For the above reasons, the third category of applicant is possibly going to be the most significant. This will be the Relevant Third Party (RTP), as mentioned in brief in the current incarnation of the Act. In all likelihood, the RTP will be a separate professional body who will have the right to intervene on behalf of individuals. Who might take this role is still under debate and has been the subject of a lengthy consultation with interested parties. A Home Office spokesperson said last week that they hoped to have this aspect of the act clarified by November. This is the first indication that this might not be decided by the time specialist forced marriage courts open their doors on 25 November 2008.

Representations to the consultation suggested that this body might resemble the Official Solicitor's office, or Cafcass. Whoever the role falls to will have the responsibility of making applications on behalf of the victims themselves, or when alerted by concerned friends or professionals, thus allowing a buffer between the concerned party and the responsibility for taking a potentially controversial action on behalf of another. It is hoped that the protection this offers will make the Act more widely used.

Involvement of minors

Present evidence shows that in many cases it is those under the age of majority who are vulnerable to a forced marriage. A recent case example identified by the Choice Helpline set up by Cleveland police, which deals exclusively with this issue, concerned a young girl aged 14 who contacted the service in the early hours of the morning. She believed she was going to be taken out of the country, to Pakistan, to be married.

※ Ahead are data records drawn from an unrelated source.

-- ===== src/Identity/Base58/Horner.antt =====
-- Digits with the highest one first: reversing a numeral, and folding over its digits.
use mathlib.Core.List.{reverse, reverse-cons}
use minip2p.Prelude.{
  ℕ, ◌+◌, ◌*◌, ◌≡◌, ◌≢◌, refl, ap, ◌∙◌, arith, List, [], ◌∷◌, ◌++◌, All, All-append,
}
use minip2p.Identity.Base58.Positional.{value_of, IsTight, IsTight-cons}

unfoldable pub horner : (base acc : ℕ) → List ℕ → ℕ
horner base acc [] = acc
horner base acc (d ∷ ds) = horner base (acc * base + d) ds

horner-append :
    (base acc : ℕ) (xs ys : List ℕ)
    → horner base acc (xs ++ ys) ≡ horner base (horner base acc xs) ys
unfolding horner
horner-append base acc [] ys = refl
horner-append base acc (x ∷ xs) ys = horner-append base (acc * base + x) xs ys

pub horner-reverse : (base : ℕ) (ds : List ℕ) → horner base 0 (reverse ds) ≡ value_of base ds
unfolding horner value_of
horner-reverse base [] = refl
horner-reverse base (d ∷ ds) =
    ap (horner base 0) (reverse-cons d ds)
    ∙ horner-append base 0 (reverse ds) (d ∷ [])
    ∙ ap (λ n. n * base + d) (horner-reverse base ds)
    ∙ omega arith

pub All-reverse {ℓ} : (P : ℕ → Type ℓ) (xs : List ℕ) → All P xs → All P (reverse xs)
All-reverse P [] h = h
All-reverse P (x ∷ xs) h =
    rw (reverse-cons x xs) (All-append P (reverse xs) (x ∷ []) (All-reverse P xs h.1) (h.0, tt))

IsTight-snoc : (xs : List ℕ) (d : ℕ) → d ≢ 0 → IsTight (xs ++ (d ∷ []))
IsTight-snoc [] d h = h
IsTight-snoc (x ∷ xs) d h =
    IsTight-cons x (xs ++ (d ∷ [])) (IsTight-snoc xs d h) (λ e. absurd (not_nil xs d e))
  where
    not_nil : (ys : List ℕ) (k : ℕ) → ys ++ (k ∷ []) ≢ []
    not_nil [] k e = cc
    not_nil (y ∷ ys) k e = cc

pub IsTight-reverse : (d : ℕ) (ds : List ℕ) → d ≢ 0 → IsTight (reverse (d ∷ ds))
IsTight-reverse d ds h = rw (reverse-cons d ds) (IsTight-snoc (reverse ds) d h)

-- The highest digit comes first.
pub reverse_first :
    (d : ℕ) (ds : List ℕ)
    → IsTight (d ∷ ds)
    → (h : ℕ) × (hs : List ℕ) × (reverse (d ∷ ds) ≡ h ∷ hs) × (h ≢ 0)
reverse_first d [] t = (d, [], refl, t)
reverse_first d (e ∷ es) t =
    let (h, hs, r, n) = reverse_first e es t in
    (h, hs ++ (d ∷ []), reverse-cons d (e ∷ es) ∙ ap (λ xs. xs ++ (d ∷ [])) r, n)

Before she was able to give any further details, the line went dead. After extensive investigation, she was rescued about to board a plane to Pakistan, with family members who had drugged her to ensure her compliance.

In cases such as hers, the Forced Marriage (Civil Protection) Act could provide for orders preventing her from being removed from the country, to remove her passport, and to prevent any further injury being caused to her. But then what? It would be naive to think that she could just settle down with her family again, that they would all put the aborted marriage behind them and everything would be as before.

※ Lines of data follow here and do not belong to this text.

-- ===== src/Controllers.antt =====
-- The package pdsno/controllers: the global, regional and local controllers.
pub mod Messages
pub mod Holding
pub mod Secrets
pub mod Registration
pub mod Local
pub mod Regional
pub mod Handshake
pub mod Flow
pub mod Global
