-- ===== src/Controllers/Messages.antt =====
-- pdsno/communication/message_format.py and the payloads of pdsno/controllers: what a handler reads
-- of an envelope, and a payload as a record with a field for each key that is read; a key that is
-- missing or `None` is `none`. Values are of the types that the senders write.
use partially_distributed_sm.Common.{
  Bool, List, Option, String, [], false, non_empty, none, some, ℕ,
}
use partially_distributed_sm.Platform.{Fields}
use partially_distributed_sm.Nib.Models.{ControllerMetadata}

pub record Envelope (Payload : Type 0) : Type 0 where
  pub message_id : String
  pub sender_id : String
  pub timestamp : ℕ
  pub payload : Payload

-- The payload of a `VALIDATION_REQUEST`.
pub record ValidationRequest : Type 0 where
  pub temp_id : Option String
  pub controller_type : Option String
  pub region : Option String
  pub public_key : Option String
  pub bootstrap_token : Option String
  pub metadata : Option ControllerMetadata

-- The payload of a `CHALLENGE_RESPONSE`.
pub record ChallengeResponse : Type 0 where
  pub challenge_id : Option String
  pub temp_id : Option String
  pub signed_nonce : Option String

-- The payload of a `CONFIG_PROPOSAL`.
pub record Proposal : Type 0 where
  pub proposal_id : Option String
  pub device_id : Option String
  pub config_lines : Option (List String)
  pub region : Option String
  pub execute_at : Option String

-- Python's truth test of an optional text, and `x or []`.
abbrev pub is_set : Option String → Bool
is_set none = false
is_set (some s) = non_empty s

abbrev pub or_empty : Option (List String) → List String
or_empty none = []
or_empty (some xs) = xs

abbrev pub text_or : Option String → String → String
text_or none default = default
text_or (some s) default = s

-- `f"{x}"` of an optional text
abbrev pub shown : Option String → String
shown none = "None"
shown (some s) = s

-- `request.get("metadata", {})`, and its capabilities.
abbrev pub metadata_of : Option ControllerMetadata → ControllerMetadata
metadata_of none = record { capabilities = none; entries = [] }
metadata_of (some m) = m

pub record DelegationCredential : Type 0 where
  pub scope : String
  pub permitted_actions : List String
  pub signature : String

-- The payload of an `EXECUTION_INSTRUCTION`.
pub record Instruction : Type 0 where
  pub proposal_id : Option String
  pub device_id : Option String
  pub config_lines : Option (List String)
  pub execution_token : Option Fields
  pub execute_at : Option String

-- The payload of an `EXECUTION_RESULT`.
pub record ExecutionReport : Type 0 where
  pub proposal_id : Option String
  pub executor : String
  pub status : String
  pub reason : Option String
  pub timestamp : String

-- A device of a `DISCOVERY_REPORT`, and the payload of one.
pub record ReportedDevice : Type 0 where
  pub mac : Option String

pub record DiscoveryReport : Type 0 where
  pub lc_id : Option String
  pub subnet : Option String
  pub new_devices : List ReportedDevice
  pub updated_devices : List ReportedDevice
  pub inactive_devices : List ReportedDevice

More frequently than not, the victim is rejected by the family for subjecting them to this dishonour. When the victim is a child, the choices they face are stark: they can stay within their family and make good the breach of honour by going through with the wedding, they can attempt to negotiate (which evidence suggests is not successful in the main), or they can leave their family behind. In doing so, it is likely they will have to be placed in local authority care with a family from outside their culture.

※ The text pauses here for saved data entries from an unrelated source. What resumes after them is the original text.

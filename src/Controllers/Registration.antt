-- ===== src/Controllers/Registration.antt =====
-- pdsno/controllers: what the global and the regional controllers write when they give a controller an
-- identity. Each of them has its own copy of this code.
use partially_distributed_sm.Common.{
  Bool, Option, String, [], append_text, false, nat_eq, none, some, string_eq, ℕ, ◌==◌, ◌∷◌,
}
use partially_distributed_sm.Platform.{Platform}
use partially_distributed_sm.Controllers.Messages.{metadata_of, or_empty}
use partially_distributed_sm.Nib.Models.{Certificate, Controller, ControllerMetadata, Event}

-- `x == expected`, for a text that may be missing.
abbrev pub is_same : Option String → String → Bool
is_same none expected = false
is_same (some t) expected = t == expected

module _ (p : Platform) where
  abbrev pub identity_of : String → String → ℕ → String
  identity_of controller_type region seq =
      append_text controller_type
        (append_text "_cntl_" (append_text region (append_text "_" (p.decimal seq))))

  abbrev pub certificate_of : String → String → String → String → String → ℕ → Certificate
  certificate_of assigned_id role region public_key issuer issued_at = record {
    assigned_id = assigned_id;
    role = role;
    region = region;
    public_key = public_key;
    issued_by = issuer;
    issued_at = p.isoformat issued_at;
    signature = "hmac-placeholder";
  }

  -- The row that an identity is stored as.
  abbrev pub controller_record :
      String → String → String → String → String → Option ControllerMetadata → ℕ → Controller
  controller_record assigned_id role region public_key issuer metadata issued_at = record {
    controller_id = assigned_id;
    role = role;
    region = some region;
    status = "active";
    validated_by = some issuer;
    validated_at = some issued_at;
    public_key = some public_key;
    certificate = some (certificate_of assigned_id role region public_key issuer issued_at);
    capabilities = or_empty (metadata_of metadata).capabilities;
    metadata = metadata_of metadata;
    version = 0;
  }

  abbrev pub validated_event : String → String → String → String → String → String → ℕ → Event
  validated_event event_id action actor assigned_id role region issued_at = record {
    event_id = event_id;
    event_type = "CONTROLLER_VALIDATED";
    actor = actor;
    timestamp = issued_at;
    action = action;
    subject = some assigned_id;
    decision = some "APPROVED";
    payload_ref = none;
    notes = none;
    signature = none;
    details =
        ("assigned_id", some assigned_id)
        ∷ ("role", some role)
        ∷ ("region", some region)
        ∷ ("validated_at", some (p.isoformat issued_at))
        ∷ [];
  }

Those with public law experience will know that there is a great shortage of black and Asian foster families. These young people, like their adult counterparts, often find themselves exiled from their own culture, communities, family and everything they know. A good knowledge of available support services is essential for any practitioner involved in this work.

Breach of human rights

Those with white British heritage may feel wary about embarking on work under the Act. It may feel daunting to take on an issue that invokes such defences as culture and religious sanction. The truth is that there is no sanction or religious justification for forcing someone into a marriage against their will.

The FMU is clear that it is dealing with clear issues of breaches of human rights, assault and child abuse. When spurious defence is stripped away and we think of these issues in those terms, these are issues that as practitioners we are comfortable and experienced in dealing with.

The government has made a commitment to eradicate forced marriage, and the Act is a starting point. It will be constantly reviewed, as will the controversial issue of criminalisation. What is clear is that with the increase in publicity and the raising of awareness of available help, the demand for services will rise, and as lawyers, we have a responsibility and a part to play.